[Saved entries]

◇ ◇ ◇ ◇ ◇

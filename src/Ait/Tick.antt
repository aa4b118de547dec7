-- ===== src/Ait/Tick.antt =====
-- src/general/ait.cpp and src/general/ait.h: the clock tick of the AIT and what its neighbours call.
use vans.Base.{
  ℕ, Bool, false, not, ◌||◌, List, [], ◌∷◌, none, some, ltb, ◌==◌, if◌then◌else◌, Result, ok, err,
  ◌>>=◌, invalid_next_action, unknown_state_transfer,
}
use vans.Base.Bits.{add64}
use vans.Common.{BaseRequest, BaseResponse, clk_invalid}
use vans.Common.Address.Ait.{translate_to_block_addr}
use vans.RequestQueue
use vans.Buffer
use vans.Buffer.{Buffer}
use vans.NextLevel.{NextLevel}
use vans.Ait.Entry.{BufferEntry, is_init}
use vans.Ait.Controller.{Core, AitController}
use vans.Ait.Transfer.{state_trans}
use vans.Ait.Lsq.{tick_lsq}
use vans.Ait.Lmemq.{tick_lmemq}

module _ {N M : Type 0} where
  unfoldable pub issue_request :
      BaseRequest → AitController N M → Result (BaseResponse × AitController N M)
  issue_request request c = RequestQueue.enqueue request c.lsq >>= λ (issued, q). ok (
    record { issued = issued; deterministic = false; next_clk = clk_invalid },
    record c { lsq = q },
  )

  unfoldable pub drain_current : AitController N M → AitController N M
  drain_current c = c

  unfoldable pub pending_current : AitController N M → Bool
  pending_current c =
      RequestQueue.pending c.lsq
      || Buffer.any_entry (λ e. e.pending) c.buffer
      || RequestQueue.pending c.core.lmemq

  unfoldable pub full : AitController N M → Result Bool
  full c = RequestQueue.full c.lsq

  -- `next_level_read_callback`
  unfoldable pub next_level_read_callback : ℕ → ℕ → AitController N M → Result (AitController N M)
  next_level_read_callback addr curr_clk c =
      let ait_addr = translate_to_block_addr addr in
      Buffer.at ait_addr c.buffer.entry_map >>= λ entry. ok (record c {
        buffer = record (c.buffer) {
          entry_map =
              Buffer.update ait_addr
                (record entry {
                  waiting_action_clk_update = false;
                  next_action_clk = add64 curr_clk 1;
                })
                c.buffer.entry_map;
        };
      })

  module _ (next : NextLevel N) where
    unfoldable pub transfer_entry : ℕ → BufferEntry → ℕ → Core N M → Result (BufferEntry × Core N M)
    transfer_entry block_addr entry curr_clk c =
        elim (state_trans next entry.pending_request.type entry.state) [
          | none ↦ err unknown_state_transfer
          | some func ↦ func block_addr entry curr_clk c
        ]

    -- One round of the loop over the buffer.
    unfoldable pub tick_entry : ℕ → BufferEntry → ℕ → Core N M → Result (BufferEntry × Core N M)
    unfolding transfer_entry
    tick_entry block_addr entry curr_clk c =
        if is_init entry.state
        then transfer_entry block_addr entry curr_clk c
        else if not entry.pending
        then ok (entry, c)
        else if entry.waiting_action_clk_update
        then ok (entry, c)
        else if entry.next_action_clk == clk_invalid
        then err invalid_next_action
        else if ltb curr_clk entry.next_action_clk
        then ok (entry, c)
        else transfer_entry block_addr entry curr_clk c

    unfoldable pub tick_entries :
        List (ℕ × BufferEntry) → ℕ → Core N M → Result (List (ℕ × BufferEntry) × Core N M)
    unfolding tick_entry
    tick_entries [] curr_clk c = ok ([], c)
    tick_entries ((k, e) ∷ m) curr_clk c = tick_entry k e curr_clk c >>= λ (e', c').
        tick_entries m curr_clk c' >>= λ (m', c''). ok ((k, e') ∷ m', c'')

    unfoldable pub tick_internal_buffer : ℕ → AitController N M → Result (AitController N M)
    unfolding tick_entries
    tick_internal_buffer curr_clk c =
        tick_entries c.buffer.entry_map curr_clk c.core >>= λ (m, core').
        ok (record c { core = core'; buffer = record (c.buffer) { entry_map = m } })

    unfoldable pub tick : NextLevel M → ℕ → AitController N M → Result (AitController N M)
    unfolding tick_internal_buffer
    tick memory curr_clk c = tick_lsq curr_clk c >>= λ c'.
        tick_lmemq memory curr_clk c' >>= λ c''. tick_internal_buffer curr_clk c''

◇ ◇ ◇ ◇ ◇

→ WORK REQUIRED
Every record above is to be copied out exactly.

→ SOLUTION TO THIS EXERCISE
filename src/Ait/Tick.antt
repository aa4b118de547dec7
-- ===== src/Ait/Tick.antt =====
-- src/general/ait.cpp and src/general/ait.h: the clock tick of the AIT and what its neighbours call.
use vans.Base.{
  ℕ, Bool, false, not, ◌||◌, List, [], ◌∷◌, none, some, ltb, ◌==◌, if◌then◌else◌, Result, ok, err,
  ◌>>=◌, invalid_next_action, unknown_state_transfer,
}
use vans.Base.Bits.{add64}
use vans.Common.{BaseRequest, BaseResponse, clk_invalid}
use vans.Common.Address.Ait.{translate_to_block_addr}
use vans.RequestQueue
use vans.Buffer
use vans.Buffer.{Buffer}
use vans.NextLevel.{NextLevel}
use vans.Ait.Entry.{BufferEntry, is_init}
use vans.Ait.Controller.{Core, AitController}
use vans.Ait.Transfer.{state_trans}
use vans.Ait.Lsq.{tick_lsq}
use vans.Ait.Lmemq.{tick_lmemq}

module _ {N M : Type 0} where
  unfoldable pub issue_request :
      BaseRequest → AitController N M → Result (BaseResponse × AitController N M)
  issue_request request c = RequestQueue.enqueue request c.lsq >>= λ (issued, q). ok (
    record { issued = issued; deterministic = false; next_clk = clk_invalid },
    record c { lsq = q },
  )

  unfoldable pub drain_current : AitController N M → AitController N M
  drain_current c = c

  unfoldable pub pending_current : AitController N M → Bool
  pending_current c =
      RequestQueue.pending c.lsq
      || Buffer.any_entry (λ e. e.pending) c.buffer
      || RequestQueue.pending c.core.lmemq

  unfoldable pub full : AitController N M → Result Bool
  full c = RequestQueue.full c.lsq

  -- `next_level_read_callback`
  unfoldable pub next_level_read_callback : ℕ → ℕ → AitController N M → Result (AitController N M)
  next_level_read_callback addr curr_clk c =
      let ait_addr = translate_to_block_addr addr in
      Buffer.at ait_addr c.buffer.entry_map >>= λ entry. ok (record c {
        buffer = record (c.buffer) {
          entry_map =
              Buffer.update ait_addr
                (record entry {
                  waiting_action_clk_update = false;
                  next_action_clk = add64 curr_clk 1;
                })
                c.buffer.entry_map;
        };
      })

  module _ (next : NextLevel N) where
    unfoldable pub transfer_entry : ℕ → BufferEntry → ℕ → Core N M → Result (BufferEntry × Core N M)
    transfer_entry block_addr entry curr_clk c =
        elim (state_trans next entry.pending_request.type entry.state) [
          | none ↦ err unknown_state_transfer
          | some func ↦ func block_addr entry curr_clk c
        ]

    -- One round of the loop over the buffer.
    unfoldable pub tick_entry : ℕ → BufferEntry → ℕ → Core N M → Result (BufferEntry × Core N M)
    unfolding transfer_entry
    tick_entry block_addr entry curr_clk c =
        if is_init entry.state
        then transfer_entry block_addr entry curr_clk c
        else if not entry.pending
        then ok (entry, c)
        else if entry.waiting_action_clk_update
        then ok (entry, c)
        else if entry.next_action_clk == clk_invalid
        then err invalid_next_action
        else if ltb curr_clk entry.next_action_clk
        then ok (entry, c)
        else transfer_entry block_addr entry curr_clk c

    unfoldable pub tick_entries :
        List (ℕ × BufferEntry) → ℕ → Core N M → Result (List (ℕ × BufferEntry) × Core N M)
    unfolding tick_entry
    tick_entries [] curr_clk c = ok ([], c)
    tick_entries ((k, e) ∷ m) curr_clk c = tick_entry k e curr_clk c >>= λ (e', c').
        tick_entries m curr_clk c' >>= λ (m', c''). ok ((k, e') ∷ m', c'')

    unfoldable pub tick_internal_buffer : ℕ → AitController N M → Result (AitController N M)
    unfolding tick_entries
    tick_internal_buffer curr_clk c =
        tick_entries c.buffer.entry_map curr_clk c.core >>= λ (m, core').
        ok (record c { core = core'; buffer = record (c.buffer) { entry_map = m } })

    unfoldable pub tick : NextLevel M → ℕ → AitController N M → Result (AitController N M)
    unfolding tick_internal_buffer
    tick memory curr_clk c = tick_lsq curr_clk c >>= λ c'.
        tick_lmemq memory curr_clk c' >>= λ c''. tick_internal_buffer curr_clk c''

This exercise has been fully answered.